■ **Task item**
The entries below must be transcribed exactly. Leave nothing out.
# # #
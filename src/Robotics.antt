-- ===== src/Robotics.antt =====
-- rci/robotics/models.py and model.py: the joints of the reference profile, and the check of joint
-- positions against them.
use robotic_character_interf.Base.{
  is_none, Bool, true, false, not, ◌&&◌, ◌||◌, String, Option, none, some, List, [], ◌∷◌,
  if◌then◌else◌,
}
use robotic_character_interf.Base.Dict.{Dict, lookup, keys, elem}
use robotic_character_interf.Base.Float.{Float, isfinite, lt, le, zero_f}
use robotic_character_interf.Base.Int.{ℤ, pos, leb_ℤ, eqb_ℤ}
use robotic_character_interf.Base.Message.{Message, lit, name, num, say}

pub record ReferenceJoint : Type 0 where
  pub protocol_id : ℤ
  pub lower_deg : Float
  pub upper_deg : Float
  pub home_deg : Float
  pub max_velocity_deg_s : Float
  pub max_acceleration_deg_s2 : Float

-- The fields' bounds and `validate_range`.
unfoldable pub joint_valid : ReferenceJoint → Bool
joint_valid j =
    leb_ℤ (pos 1) j.protocol_id
    && (leb_ℤ j.protocol_id (pos 255)
        && (isfinite j.lower_deg
            && (isfinite j.upper_deg
                && (isfinite j.home_deg
                    && (isfinite j.max_velocity_deg_s
                        && (isfinite j.max_acceleration_deg_s2
                            && (lt zero_f j.max_velocity_deg_s
                                && (lt zero_f j.max_acceleration_deg_s2
                                    && (lt j.lower_deg j.home_deg
                                        && lt j.home_deg j.upper_deg)))))))))

abbrev pub Joints : Type 0
Joints = Dict ReferenceJoint

abbrev pub joints_valid : Joints → Bool
joints_valid [] = true
joints_valid ((joint, j) ∷ d) = joint_valid j && joints_valid d

abbrev pub has_id : ℤ → Joints → Bool
has_id id [] = false
has_id id ((joint, j) ∷ d) = eqb_ℤ id j.protocol_id || has_id id d

abbrev pub ids_shared : Joints → Bool
ids_shared [] = false
ids_shared ((joint, j) ∷ d) = has_id j.protocol_id d || ids_shared d

-- Whether every name of the first is among the second.
abbrev pub all_in : List String → List String → Bool
all_in [] t = true
all_in (k ∷ s) t = elem k t && all_in s t

-- `set(a) == set(b)`
abbrev pub same_names : List String → List String → Bool
same_names a b = all_in a b && all_in b a

-- `ReferenceRobotProfile.validate_joint_set`, after the joints' own validators.
unfoldable pub profile_valid : Joints → Bool
unfolding joint_valid
profile_valid joints =
    joints_valid joints
    && (same_names (keys joints) ("base" ∷ "shoulder" ∷ "elbow" ∷ "gripper" ∷ [])
        && not (ids_shared joints))

-- `RobotModel.home`
abbrev pub home : Joints → Dict Float
home [] = []
home ((joint, j) ∷ d) = (joint, j.home_deg) ∷ home d

-- One turn of the loop, with the joint's entry; the lookup succeeds after the test of the names.
unfoldable pub position_fault : String → Float → Option ReferenceJoint → Option Message
position_fault joint value none = some (lit "joint " ∷ name joint ∷ [])
position_fault joint value (some spec) =
    if not (isfinite value)
    then some (lit "joint " ∷ name joint ∷ lit " is not finite" ∷ [])
    else if not (le spec.lower_deg value && le value spec.upper_deg)
    then some (
        lit "joint "
        ∷ name joint
        ∷ lit " target "
        ∷ num value
        ∷ lit " is outside ["
        ∷ num spec.lower_deg
        ∷ lit ", "
        ∷ num spec.upper_deg
        ∷ lit "]"
        ∷ [])
    else none

abbrev pub or_else : Option Message → Option Message → Option Message
or_else (some m) later = some m
or_else none later = later

abbrev pub positions_fault : Joints → Dict Float → Option Message
positions_fault joints [] = none
positions_fault joints ((joint, value) ∷ d) =
    or_else (position_fault joint value (lookup joint joints)) (positions_fault joints d)

-- `RobotModel.validate_joint_positions`: the message of the error.
unfoldable pub validate_joint_positions : Joints → Dict Float → Option Message
unfolding position_fault
validate_joint_positions joints joints_deg =
    if not (same_names (keys joints_deg) (keys joints))
    then some (say "joint vector must contain exactly the reference robot joints")
    else positions_fault joints joints_deg

-- `RobotModel.within_limits`
unfoldable pub within_limits : Joints → Dict Float → Bool
unfolding validate_joint_positions
within_limits joints joints_deg = is_none (validate_joint_positions joints joints_deg)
# # #
■ **Expected answer**
filename src/Robotics.antt
-- ===== src/Robotics.antt =====
-- rci/robotics/models.py and model.py: the joints of the reference profile, and the check of joint
-- positions against them.
use robotic_character_interf.Base.{
  is_none, Bool, true, false, not, ◌&&◌, ◌||◌, String, Option, none, some, List, [], ◌∷◌,
  if◌then◌else◌,
}
use robotic_character_interf.Base.Dict.{Dict, lookup, keys, elem}
use robotic_character_interf.Base.Float.{Float, isfinite, lt, le, zero_f}
use robotic_character_interf.Base.Int.{ℤ, pos, leb_ℤ, eqb_ℤ}
use robotic_character_interf.Base.Message.{Message, lit, name, num, say}

pub record ReferenceJoint : Type 0 where
  pub protocol_id : ℤ
  pub lower_deg : Float
  pub upper_deg : Float
  pub home_deg : Float
  pub max_velocity_deg_s : Float
  pub max_acceleration_deg_s2 : Float

-- The fields' bounds and `validate_range`.
unfoldable pub joint_valid : ReferenceJoint → Bool
joint_valid j =
    leb_ℤ (pos 1) j.protocol_id
    && (leb_ℤ j.protocol_id (pos 255)
        && (isfinite j.lower_deg
            && (isfinite j.upper_deg
                && (isfinite j.home_deg
                    && (isfinite j.max_velocity_deg_s
                        && (isfinite j.max_acceleration_deg_s2
                            && (lt zero_f j.max_velocity_deg_s
                                && (lt zero_f j.max_acceleration_deg_s2
                                    && (lt j.lower_deg j.home_deg
                                        && lt j.home_deg j.upper_deg)))))))))

abbrev pub Joints : Type 0
Joints = Dict ReferenceJoint

abbrev pub joints_valid : Joints → Bool
joints_valid [] = true
joints_valid ((joint, j) ∷ d) = joint_valid j && joints_valid d

abbrev pub has_id : ℤ → Joints → Bool
has_id id [] = false
has_id id ((joint, j) ∷ d) = eqb_ℤ id j.protocol_id || has_id id d

abbrev pub ids_shared : Joints → Bool
ids_shared [] = false
ids_shared ((joint, j) ∷ d) = has_id j.protocol_id d || ids_shared d

-- Whether every name of the first is among the second.
abbrev pub all_in : List String → List String → Bool
all_in [] t = true
all_in (k ∷ s) t = elem k t && all_in s t

-- `set(a) == set(b)`
abbrev pub same_names : List String → List String → Bool
same_names a b = all_in a b && all_in b a

-- `ReferenceRobotProfile.validate_joint_set`, after the joints' own validators.
unfoldable pub profile_valid : Joints → Bool
unfolding joint_valid
profile_valid joints =
    joints_valid joints
    && (same_names (keys joints) ("base" ∷ "shoulder" ∷ "elbow" ∷ "gripper" ∷ [])
        && not (ids_shared joints))

-- `RobotModel.home`
abbrev pub home : Joints → Dict Float
home [] = []
home ((joint, j) ∷ d) = (joint, j.home_deg) ∷ home d

-- One turn of the loop, with the joint's entry; the lookup succeeds after the test of the names.
unfoldable pub position_fault : String → Float → Option ReferenceJoint → Option Message
position_fault joint value none = some (lit "joint " ∷ name joint ∷ [])
position_fault joint value (some spec) =
    if not (isfinite value)
    then some (lit "joint " ∷ name joint ∷ lit " is not finite" ∷ [])
    else if not (le spec.lower_deg value && le value spec.upper_deg)
    then some (
        lit "joint "
        ∷ name joint
        ∷ lit " target "
        ∷ num value
        ∷ lit " is outside ["
        ∷ num spec.lower_deg
        ∷ lit ", "
        ∷ num spec.upper_deg
        ∷ lit "]"
        ∷ [])
    else none

abbrev pub or_else : Option Message → Option Message → Option Message
or_else (some m) later = some m
or_else none later = later

abbrev pub positions_fault : Joints → Dict Float → Option Message
positions_fault joints [] = none
positions_fault joints ((joint, value) ∷ d) =
    or_else (position_fault joint value (lookup joint joints)) (positions_fault joints d)

-- `RobotModel.validate_joint_positions`: the message of the error.
unfoldable pub validate_joint_positions : Joints → Dict Float → Option Message
unfolding position_fault
validate_joint_positions joints joints_deg =
    if not (same_names (keys joints_deg) (keys joints))
    then some (say "joint vector must contain exactly the reference robot joints")
    else positions_fault joints joints_deg

-- `RobotModel.within_limits`
unfoldable pub within_limits : Joints → Dict Float → Bool
unfolding validate_joint_positions
within_limits joints joints_deg = is_none (validate_joint_positions joints joints_deg)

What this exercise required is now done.